--- YOUR OBJECTIVE ---
Each record is to be given again precisely as written.

Stored items:
########

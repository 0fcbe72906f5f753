-- ===== src/Memory/Retention/Weights.antt =====
-- src/memory.rs: the store's count of its weight agrees with its entries, whatever is removed.
use amalgam.Prelude.{
  ◌≤◌, ◌≡◌, refl, ◌∙◌, sym, true, false, Option, none, some, List, [], ◌∷◌, arith, length,
  Option-cases, inl, inr, if◌then◌else◌,
}
use amalgam.Prelude.Assoc.{lookup, lookup-remove}
use amalgam.Prelude.Maps.{distinct, total, listed, distinct-remove, total-remove}
use amalgam.Prelude.Text.{Text, text_eq, text_eq_iff, text_Eq}
use amalgam.Time.Timestamp.{Timestamp}
use amalgam.Memory.{RetirementReason}
use amalgam.Memory.Eviction.{Stored, entry_weight}
use amalgam.Memory.Retention.{
  Moment, Retention, take, removed, remove_keys, remove_expired, is_dead, dead_keys, expiry_reason,
}

module _ {ℓ} {V : Type ℓ} where
  -- Each key is stored once, and the counted weight is that of the entries.
  pub record IsWeighed (r : Retention V) : Type ℓ where
    pub keyed : distinct r.entries ≡ true
    pub weighed : r.weight ≡ total entry_weight r.entries

  -- The parts that removals leave alone, and what shrinks.
  pub record IsPruned (r t : Retention V) : Type ℓ where
    pub same_limits : t.limits ≡ r.limits
    pub same_origins : t.origins ≡ r.origins
    pub same_generation : t.generation ≡ r.generation
    pub same_mode : t.expiry_mode ≡ r.expiry_mode
    pub shorter : length t.entries ≤ length r.entries
    pub lighter : t.weight ≤ r.weight

  pub take-IsWeighed : (r : Retention V) (k : Text) → IsWeighed r → IsWeighed (take r k).0
  unfolding take
  take-IsWeighed r k v = elim (Option-cases (lookup k r.entries)) [
    | inl e ↦ rw e v
    | inr (s, e) ↦
        let t = total-remove entry_weight k r.entries s v.keyed e in
        rw e (record {
          keyed = distinct-remove k r.entries v.keyed;
          weighed = omega (arith, t, v.weighed);
        })
  ]

  pub removed-IsWeighed :
      (r : Retention V) (k : Text) (found : Option (Stored V))
      → lookup k r.entries ≡ found
      → IsWeighed r
      → IsWeighed (removed r k found)
  unfolding take
  removed-IsWeighed r k found e v = rw (sym e) (take-IsWeighed r k v)

  pub take-IsPruned : (r : Retention V) (k : Text) → IsWeighed r → IsPruned r (take r k).0
  unfolding take
  take-IsPruned r k v = elim (Option-cases (lookup k r.entries)) [
    | inl e ↦ rw e (ground arith)
    | inr (s, e) ↦ rw e (ground (arith, total-remove entry_weight k r.entries s v.keyed))
  ]

  pub lookup-take :
      (r : Retention V) (k j : Text)
      → lookup j (take r k).0.entries ≡ (if text_eq k j then none else lookup j r.entries)
  unfolding take
  lookup-take r k j = elim (Option-cases (lookup k r.entries)) [
    | inl e ↦ ground (arith, text_eq_iff k j)
    | inr (s, e) ↦ rw e (lookup-remove k j r.entries)
  ]

  IsPruned-trans : (r s t : Retention V) → IsPruned r s → IsPruned s t → IsPruned r t
  IsPruned-trans r s t a b = record {
    same_limits = b.same_limits ∙ a.same_limits;
    same_origins = b.same_origins ∙ a.same_origins;
    same_generation = b.same_generation ∙ a.same_generation;
    same_mode = b.same_mode ∙ a.same_mode;
    shorter = omega (arith, a.shorter, b.shorter);
    lighter = omega (arith, a.lighter, b.lighter);
  }

  pub remove_keys-IsWeighed :
      (reason : Stored V → RetirementReason) (ks : List Text) (r : Retention V)
      → IsWeighed r
      → IsWeighed (remove_keys reason ks r).0 × IsPruned r (remove_keys reason ks r).0
  unfolding remove_keys
  remove_keys-IsWeighed reason [] r v = (v, ground arith)
  remove_keys-IsWeighed reason (k ∷ ks) r v =
      let (w, p) = remove_keys-IsWeighed reason ks (take r k).0 (take-IsWeighed r k v) in
      (w, IsPruned-trans r (take r k).0 _ (take-IsPruned r k v) p)

  pub lookup-remove_keys :
      (reason : Stored V → RetirementReason) (ks : List Text) (r : Retention V) (j : Text)
      → lookup j (remove_keys reason ks r).0.entries
        ≡ (if listed j ks then none else lookup j r.entries)
  unfolding remove_keys
  lookup-remove_keys reason [] r j = refl
  lookup-remove_keys reason (k ∷ ks) r j =
      ground (arith, lookup-remove_keys reason ks (take r k).0 j, lookup-take r k j)

  -- The expired keys are exactly those of dead entries.
  pub listed-dead_keys :
      (at : Moment) (now : Option Timestamp) (m : List (Text × Stored V)) (j : Text)
      → distinct m ≡ true
      → listed j (dead_keys at now m)
        ≡ elim (lookup j m) [ none ↦ false | some s ↦ is_dead at now s ]
  unfolding lookup
  listed-dead_keys at now [] j d = refl
  listed-dead_keys at now ((k, s) ∷ m) j d =
      ground (arith, listed-dead_keys at now m j, text_eq_iff k j)

  pub lookup-remove_expired :
      (at : Moment) (now : Option Timestamp) (r : Retention V) (j : Text)
      → IsWeighed r
      → lookup j (remove_expired at now r).0.entries ≡ elim (lookup j r.entries) [
        | none ↦ none
        | some s ↦ if is_dead at now s then none else some s
      ]
  unfolding remove_expired
  lookup-remove_expired at now r j v = ground (
    arith,
    lookup-remove_keys (expiry_reason at now) (dead_keys at now r.entries) r j,
    listed-dead_keys at now r.entries j v.keyed,
  )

########

--- RESULT ---
repository 0fcbe72906f5f753
-- ===== src/Memory/Retention/Weights.antt =====
-- src/memory.rs: the store's count of its weight agrees with its entries, whatever is removed.
use amalgam.Prelude.{
  ◌≤◌, ◌≡◌, refl, ◌∙◌, sym, true, false, Option, none, some, List, [], ◌∷◌, arith, length,
  Option-cases, inl, inr, if◌then◌else◌,
}
use amalgam.Prelude.Assoc.{lookup, lookup-remove}
use amalgam.Prelude.Maps.{distinct, total, listed, distinct-remove, total-remove}
use amalgam.Prelude.Text.{Text, text_eq, text_eq_iff, text_Eq}
use amalgam.Time.Timestamp.{Timestamp}
use amalgam.Memory.{RetirementReason}
use amalgam.Memory.Eviction.{Stored, entry_weight}
use amalgam.Memory.Retention.{
  Moment, Retention, take, removed, remove_keys, remove_expired, is_dead, dead_keys, expiry_reason,
}

module _ {ℓ} {V : Type ℓ} where
  -- Each key is stored once, and the counted weight is that of the entries.
  pub record IsWeighed (r : Retention V) : Type ℓ where
    pub keyed : distinct r.entries ≡ true
    pub weighed : r.weight ≡ total entry_weight r.entries

  -- The parts that removals leave alone, and what shrinks.
  pub record IsPruned (r t : Retention V) : Type ℓ where
    pub same_limits : t.limits ≡ r.limits
    pub same_origins : t.origins ≡ r.origins
    pub same_generation : t.generation ≡ r.generation
    pub same_mode : t.expiry_mode ≡ r.expiry_mode
    pub shorter : length t.entries ≤ length r.entries
    pub lighter : t.weight ≤ r.weight

  pub take-IsWeighed : (r : Retention V) (k : Text) → IsWeighed r → IsWeighed (take r k).0
  unfolding take
  take-IsWeighed r k v = elim (Option-cases (lookup k r.entries)) [
    | inl e ↦ rw e v
    | inr (s, e) ↦
        let t = total-remove entry_weight k r.entries s v.keyed e in
        rw e (record {
          keyed = distinct-remove k r.entries v.keyed;
          weighed = omega (arith, t, v.weighed);
        })
  ]

  pub removed-IsWeighed :
      (r : Retention V) (k : Text) (found : Option (Stored V))
      → lookup k r.entries ≡ found
      → IsWeighed r
      → IsWeighed (removed r k found)
  unfolding take
  removed-IsWeighed r k found e v = rw (sym e) (take-IsWeighed r k v)

  pub take-IsPruned : (r : Retention V) (k : Text) → IsWeighed r → IsPruned r (take r k).0
  unfolding take
  take-IsPruned r k v = elim (Option-cases (lookup k r.entries)) [
    | inl e ↦ rw e (ground arith)
    | inr (s, e) ↦ rw e (ground (arith, total-remove entry_weight k r.entries s v.keyed))
  ]

  pub lookup-take :
      (r : Retention V) (k j : Text)
      → lookup j (take r k).0.entries ≡ (if text_eq k j then none else lookup j r.entries)
  unfolding take
  lookup-take r k j = elim (Option-cases (lookup k r.entries)) [
    | inl e ↦ ground (arith, text_eq_iff k j)
    | inr (s, e) ↦ rw e (lookup-remove k j r.entries)
  ]

  IsPruned-trans : (r s t : Retention V) → IsPruned r s → IsPruned s t → IsPruned r t
  IsPruned-trans r s t a b = record {
    same_limits = b.same_limits ∙ a.same_limits;
    same_origins = b.same_origins ∙ a.same_origins;
    same_generation = b.same_generation ∙ a.same_generation;
    same_mode = b.same_mode ∙ a.same_mode;
    shorter = omega (arith, a.shorter, b.shorter);
    lighter = omega (arith, a.lighter, b.lighter);
  }

  pub remove_keys-IsWeighed :
      (reason : Stored V → RetirementReason) (ks : List Text) (r : Retention V)
      → IsWeighed r
      → IsWeighed (remove_keys reason ks r).0 × IsPruned r (remove_keys reason ks r).0
  unfolding remove_keys
  remove_keys-IsWeighed reason [] r v = (v, ground arith)
  remove_keys-IsWeighed reason (k ∷ ks) r v =
      let (w, p) = remove_keys-IsWeighed reason ks (take r k).0 (take-IsWeighed r k v) in
      (w, IsPruned-trans r (take r k).0 _ (take-IsPruned r k v) p)

  pub lookup-remove_keys :
      (reason : Stored V → RetirementReason) (ks : List Text) (r : Retention V) (j : Text)
      → lookup j (remove_keys reason ks r).0.entries
        ≡ (if listed j ks then none else lookup j r.entries)
  unfolding remove_keys
  lookup-remove_keys reason [] r j = refl
  lookup-remove_keys reason (k ∷ ks) r j =
      ground (arith, lookup-remove_keys reason ks (take r k).0 j, lookup-take r k j)

  -- The expired keys are exactly those of dead entries.
  pub listed-dead_keys :
      (at : Moment) (now : Option Timestamp) (m : List (Text × Stored V)) (j : Text)
      → distinct m ≡ true
      → listed j (dead_keys at now m)
        ≡ elim (lookup j m) [ none ↦ false | some s ↦ is_dead at now s ]
  unfolding lookup
  listed-dead_keys at now [] j d = refl
  listed-dead_keys at now ((k, s) ∷ m) j d =
      ground (arith, listed-dead_keys at now m j, text_eq_iff k j)

  pub lookup-remove_expired :
      (at : Moment) (now : Option Timestamp) (r : Retention V) (j : Text)
      → IsWeighed r
      → lookup j (remove_expired at now r).0.entries ≡ elim (lookup j r.entries) [
        | none ↦ none
        | some s ↦ if is_dead at now s then none else some s
      ]
  unfolding remove_expired
  lookup-remove_expired at now r j v = ground (
    arith,
    lookup-remove_keys (expiry_reason at now) (dead_keys at now r.entries) r j,
    listed-dead_keys at now r.entries j v.keyed,
  )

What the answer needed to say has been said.